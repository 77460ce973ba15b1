-- ===== src/Xdrv/Send/Released.antt =====
-- The buttons of the server after the posts of a tool.
use mathlib.Core.Path.{subst}
use linuxwacom.Prelude.{
  ℕ, ◌<◌, ◌≡◌, refl, ◌==◌, Bool, true, false, not, ◌&&◌, ◌||◌, List, [], ◌∷◌, ◌++◌, map,
  if◌then◌else◌, nonzero, arith, Bool-cases, inl, inr, update, ◌∙◌,
}
use linuxwacom.Prelude.Int.{ℤ, pos}
use linuxwacom.Xdrv.Buttons.{Call, Device, send_buttons, tip_up}
use linuxwacom.Xdrv.Buttons.View.{view}
use linuxwacom.Xdrv.Buttons.Refine.{InStep, expected, report, report-InStep}
use linuxwacom.Xdrv.Events.{DeviceState}
use linuxwacom.Xdrv.ToolIds.{pad_id}
use linuxwacom.Xdrv.Send.{
  Post, proximity, motion, a_button, set_screen, wheels, Axes, Tool, enter, post_buttons,
  button_events, has_turned, proximity_in, proximity_out, common_events, post_away, post_near,
  only_if, touched, in_use, position, finish, step_of, axes_of, events_of, send_known, send_tool,
  send_pad, send_events,
}
use linuxwacom.Xdrv.Send.Frames.{bit-empty, send_run}

-- The buttons of the server after posts, of those before.
abbrev pub served : List Post → (ℕ → Bool) → ℕ → Bool
served [] s = s
served (a_button c ∷ ps) s = served ps (view (c ∷ []) s)
served (proximity n a ∷ ps) s = served ps s
served (motion a ∷ ps) s = served ps s
served (set_screen x y ∷ ps) s = served ps s
served (wheels ds ∷ ps) s = served ps s

pub served-append :
    (ps qs : List Post) (s : ℕ → Bool) → served (ps ++ qs) s ≡ served qs (served ps s)
served-append [] qs s = refl
served-append (a_button c ∷ ps) qs s = served-append ps qs (view (c ∷ []) s)
served-append (proximity n a ∷ ps) qs s = served-append ps qs s
served-append (motion a ∷ ps) qs s = served-append ps qs s
served-append (set_screen x y ∷ ps) qs s = served-append ps qs s
served-append (wheels ds ∷ ps) qs s = served-append ps qs s

served-map : (calls : List Call) (s : ℕ → Bool) → served (map a_button calls) s ≡ view calls s
unfolding view
served-map [] s = refl
served-map ((i, v) ∷ calls) s = served-map calls (update s i (nonzero v))

-- The device that has got a mask of buttons.
abbrev told : ℕ → Device → Device
told b d = record d { old_buttons = b }

post_buttons-InStep :
    (b : ℕ) (t : Tool) (s : ℕ → Bool)
    → InStep t.device s
    → InStep (told b (post_buttons b t).1.device) (served (post_buttons b t).0 s)
unfolding post_buttons report
post_buttons-InStep b t s h =
    rw (served-map (send_buttons t.device b).0 s) (report-InStep t.device b s h)

button_events-InStep :
    (b : ℕ) (t : Tool) (s : ℕ → Bool)
    → InStep t.device s
    → InStep (told b (button_events b t).1.device) (served (button_events b t).0 s)
unfolding button_events
button_events-InStep b t s h =
    elim (Bool-cases (not (t.device.old_buttons == b) || (t.old_proximity == 0 && b == 0))) [
      | inl sent ↦ rw sent (post_buttons-InStep b t s h)
      | inr same ↦ rw same (
          let e : t.device.old_buttons ≡ b = ground (arith, same) in
          subst (λ (m : ℕ). InStep (told m t.device) s) e h)
    ]

common_events-InStep :
    (ds : DeviceState) (t : Tool) (s : ℕ → Bool)
    → InStep t.device s
    → InStep (told ds.buttons (common_events ds t).1.device) (served (common_events ds t).0 s)
unfolding common_events
common_events-InStep ds t s h =
    let events = (button_events ds.buttons t).0 in
    let sent = button_events-InStep ds.buttons t s h in
    elim (Bool-cases (has_turned ds t.old)) [
      | inl turned ↦ rw (turned, served-append events (wheels ds ∷ []) s) sent
      | inr still ↦ rw still sent
    ]

-- Posts that leave the buttons alone.
abbrev IsQuiet : List Post → Type 0
IsQuiet ps = (s : ℕ → Bool) → served ps s ≡ s

proximity_in-IsQuiet : (a : Axes) (t : Tool) → IsQuiet (proximity_in a t)
proximity_in-IsQuiet a t s = ground arith

proximity_out-IsQuiet : (a : Axes) (t : Tool) → IsQuiet (proximity_out a t)
proximity_out-IsQuiet a t s = ground arith

post_near-InStep :
    (screen motions : List Post) (a : Axes) (ds : DeviceState) (t : Tool) (s : ℕ → Bool)
    → IsQuiet screen
    → IsQuiet motions
    → InStep t.device s
    → let (ps, t') = post_near screen motions a ds t in
      InStep (told ds.buttons t'.device) (served ps s)
unfolding post_near
post_near-InStep screen motions a ds t s still moving h =
    let events = (common_events ds t).0 in
    let approach = proximity_in a t in
    let all : served (screen ++ (approach ++ (motions ++ events))) s ≡ served events s =
      rw
        (
          served-append screen (approach ++ (motions ++ events)) s,
          still s,
          served-append approach (motions ++ events) s,
          proximity_in-IsQuiet a t s,
          served-append motions events s,
          moving s,
        )
        refl in
    rw all (common_events-InStep ds t s h)

post_away-InStep :
    (a : Axes) (t : Tool) (s : ℕ → Bool)
    → InStep t.device s
    → let (ps, t') = post_away a t in InStep (told 0 t'.device) (served ps s)
unfolding post_away
post_away-InStep a t s h =
    let calls = (post_buttons 0 t).0 in
    rw (served-append calls (proximity_out a t) s, proximity_out-IsQuiet a t (served calls s))
      (post_buttons-InStep 0 t s h)

-- A device that has got an empty mask expects no button.
post_away-expected :
    (a : Axes) (t : Tool) (j : ℕ) → expected (told 0 (post_away a t).1.device) j ≡ false
unfolding post_away post_buttons send_buttons tip_up
post_away-expected a t j = ground (arith, bit-empty j)

-- The buttons of the server are as the device expects them; while the tool is away, the last mask is
-- empty and no button is down.
pub record IsHeld (t : Tool) (s : ℕ → Bool) : Type 0 where
  pub step : InStep t.device s
  pub away : (t.old_proximity == 0) ≡ true → t.device.old_buttons ≡ 0
  pub up : (t.old_proximity == 0) ≡ true → (j : ℕ) → j < 32 → s j ≡ false

enter-InStep :
    (at : ℤ × ℤ) (ds : DeviceState) (t : Tool) (s : ℕ → Bool)
    → IsHeld t s
    → InStep (enter at ds t).device s
unfolding enter
enter-InStep (x, y) ds t s h = elim (Bool-cases (t.old_proximity == 0)) [
  | inl away ↦ rw away (subst (λ (m : ℕ). InStep (told m t.device) s) (h.away away) h.step)
  | inr near ↦ rw near h.step
]

finish-near :
    (near : ℕ) (ds : DeviceState) (t : Tool) (s : ℕ → Bool)
    → nonzero near ≡ true
    → InStep (told ds.buttons t.device) s
    → IsHeld (finish near ds t) s
unfolding finish
finish-near near ds t s there h = rw there (record {
  step = h;
  away = ground (arith, there);
  up = λ gone. absurd (ground (arith, there, gone));
})

finish-away :
    (near : ℕ) (ds : DeviceState) (a : Axes) (t : Tool) (s : ℕ → Bool)
    → nonzero near ≡ false
    → InStep t.device s
    → let (ps, t') = post_away a t in IsHeld (finish near ds t') (served ps s)
unfolding finish
finish-away near ds a t s gone h =
    let sent = post_away-InStep a t s h in
    rw gone (record {
      step = sent;
      away = λ _. refl;
      up = λ _ j lt. sent.buttons j lt ∙ post_away-expected a t j;
    })

only_if-IsQuiet :
    (b : Bool) (x y : ℤ) (a : Axes)
    → IsQuiet (only_if b (set_screen x y)) × IsQuiet (only_if b (motion a))
only_if-IsQuiet true x y a = (λ s. refl, λ s. refl)
only_if-IsQuiet false x y a = (λ s. refl, λ s. refl)

module _ (accelerate : Tool → ℤ → ℤ) (unify : Tool → ℤ → ℤ) where
  send_tool-IsHeld :
      (at : ℤ × ℤ) (a : Axes) (ds : DeviceState) (t : Tool) (s : ℕ → Bool)
      → InStep t.device s
      → let (ps, t') = send_tool accelerate unify at a ds t in
        IsHeld (finish ds.proximity ds t') (served ps s)
  unfolding send_tool
  send_tool-IsHeld (x, y) a ds t s h = elim (Bool-cases (nonzero ds.proximity)) [
    | inl near ↦
        let b : Axes = record a { x = if t.absolute then x else unify t x } in
        let (still, moving) = only_if-IsQuiet (not t.buttons_only) x y b in
        let screen = only_if (not t.buttons_only) (set_screen x y) in
        let motions = only_if (not t.buttons_only) (motion b) in
        rw near (
          finish-near ds.proximity ds (post_near screen motions b ds t).1
            (served (post_near screen motions b ds t).0 s) near
            (post_near-InStep screen motions b ds t s still moving h))
    | inr gone ↦ rw gone (finish-away ds.proximity ds a t s gone h)
  ]

  abbrev near_of : Axes → DeviceState → ℕ
  near_of a ds = if in_use a ds then 1 else 0

  send_pad-IsHeld :
      (a : Axes) (ds : DeviceState) (t : Tool) (s : ℕ → Bool)
      → InStep t.device s
      → let (ps, t') = send_pad accelerate unify a ds t in
        IsHeld (finish (near_of a ds) ds t') (served ps s)
  unfolding send_pad
  send_pad-IsHeld a ds t s h = elim (Bool-cases (in_use a ds)) [
    | inl near ↦
        let b : Axes = record a { x = pos 0; y = pos 0 } in
        let (still, moving) = only_if-IsQuiet (touched a) (pos 0) (pos 0) b in
        let screen = only_if (touched a) (set_screen (pos 0) (pos 0)) in
        let motions = only_if (touched a) (motion b) in
        rw near (
          finish-near 1 ds (post_near screen motions b ds t).1
            (served (post_near screen motions b ds t).0 s) refl
            (post_near-InStep screen motions b ds t s still moving h))
    | inr gone ↦ rw gone (finish-away 0 ds a t s refl h)
  ]

  events_of-IsHeld :
      (ds : DeviceState) (t : Tool) (s : ℕ → Bool)
      → InStep t.device s
      → let ((ps, t'), near) = events_of accelerate unify ds t in
        IsHeld (finish near ds t') (served ps s)
  unfolding events_of
  events_of-IsHeld ds t s h =
      let at = step_of accelerate unify (t.current_x, t.current_y) t in
      let a = axes_of accelerate unify at ds t in
      elim (Bool-cases (ds.device_type == pad_id)) [
        | inl pad ↦ rw pad (send_pad-IsHeld a ds t s h)
        | inr tool ↦ rw tool (send_tool-IsHeld at a ds t s h)
      ]

  pub send_events-IsHeld :
      (ds : DeviceState) (t : Tool) (s : ℕ → Bool)
      → IsHeld t s
      → let (ps, t') = send_events accelerate unify ds t in IsHeld t' (served ps s)
  unfolding send_events send_known
  send_events-IsHeld ds t s h =
      let at = position t ds in
      elim (Bool-cases (nonzero t.serial && not (ds.serial_num == t.serial))) [
        | inl other ↦ rw other h
        | inr known ↦ rw known (events_of-IsHeld ds (enter at ds t) s (enter-InStep at ds t s h))
      ]

  -- Whatever a tool reports, the calls of sendAButton that xf86WcmSendEvents makes for it keep the
  -- buttons of the server as the device expects them, and while the tool is away none of the 32 is down.
  pub send_run-IsHeld :
      (reports : List DeviceState) (t : Tool) (s : ℕ → Bool)
      → IsHeld t s
      → let (ps, t') = send_run accelerate unify reports t in IsHeld t' (served ps s)
  unfolding send_run
  send_run-IsHeld [] t s h = h
  send_run-IsHeld (ds ∷ reports) t s h =
      let (ps, t') = send_events accelerate unify ds t in
      let (qs, t'') = send_run accelerate unify reports t' in
      rw (served-append ps qs s)
        (send_run-IsHeld reports t' (served ps s) (send_events-IsHeld ds t s h))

************

EXERCISE DIRECTIONS - In the listing above, find the line with "served (set_screen x y ∷ ps) s = served ps s" and the line with "-- The device that has got a mask of buttons.", then print exactly those two lines and every line between them, and nothing more.

OUTPUT OF THE TASK -
served (set_screen x y ∷ ps) s = served ps s
served (wheels ds ∷ ps) s = served ps s

pub served-append :
    (ps qs : List Post) (s : ℕ → Bool) → served (ps ++ qs) s ≡ served qs (served ps s)
served-append [] qs s = refl
served-append (a_button c ∷ ps) qs s = served-append ps qs (view (c ∷ []) s)
served-append (proximity n a ∷ ps) qs s = served-append ps qs s
served-append (motion a ∷ ps) qs s = served-append ps qs s
served-append (set_screen x y ∷ ps) qs s = served-append ps qs s
served-append (wheels ds ∷ ps) qs s = served-append ps qs s

served-map : (calls : List Call) (s : ℕ → Bool) → served (map a_button calls) s ≡ view calls s
unfolding view
served-map [] s = refl
served-map ((i, v) ∷ calls) s = served-map calls (update s i (nonzero v))

-- The device that has got a mask of buttons.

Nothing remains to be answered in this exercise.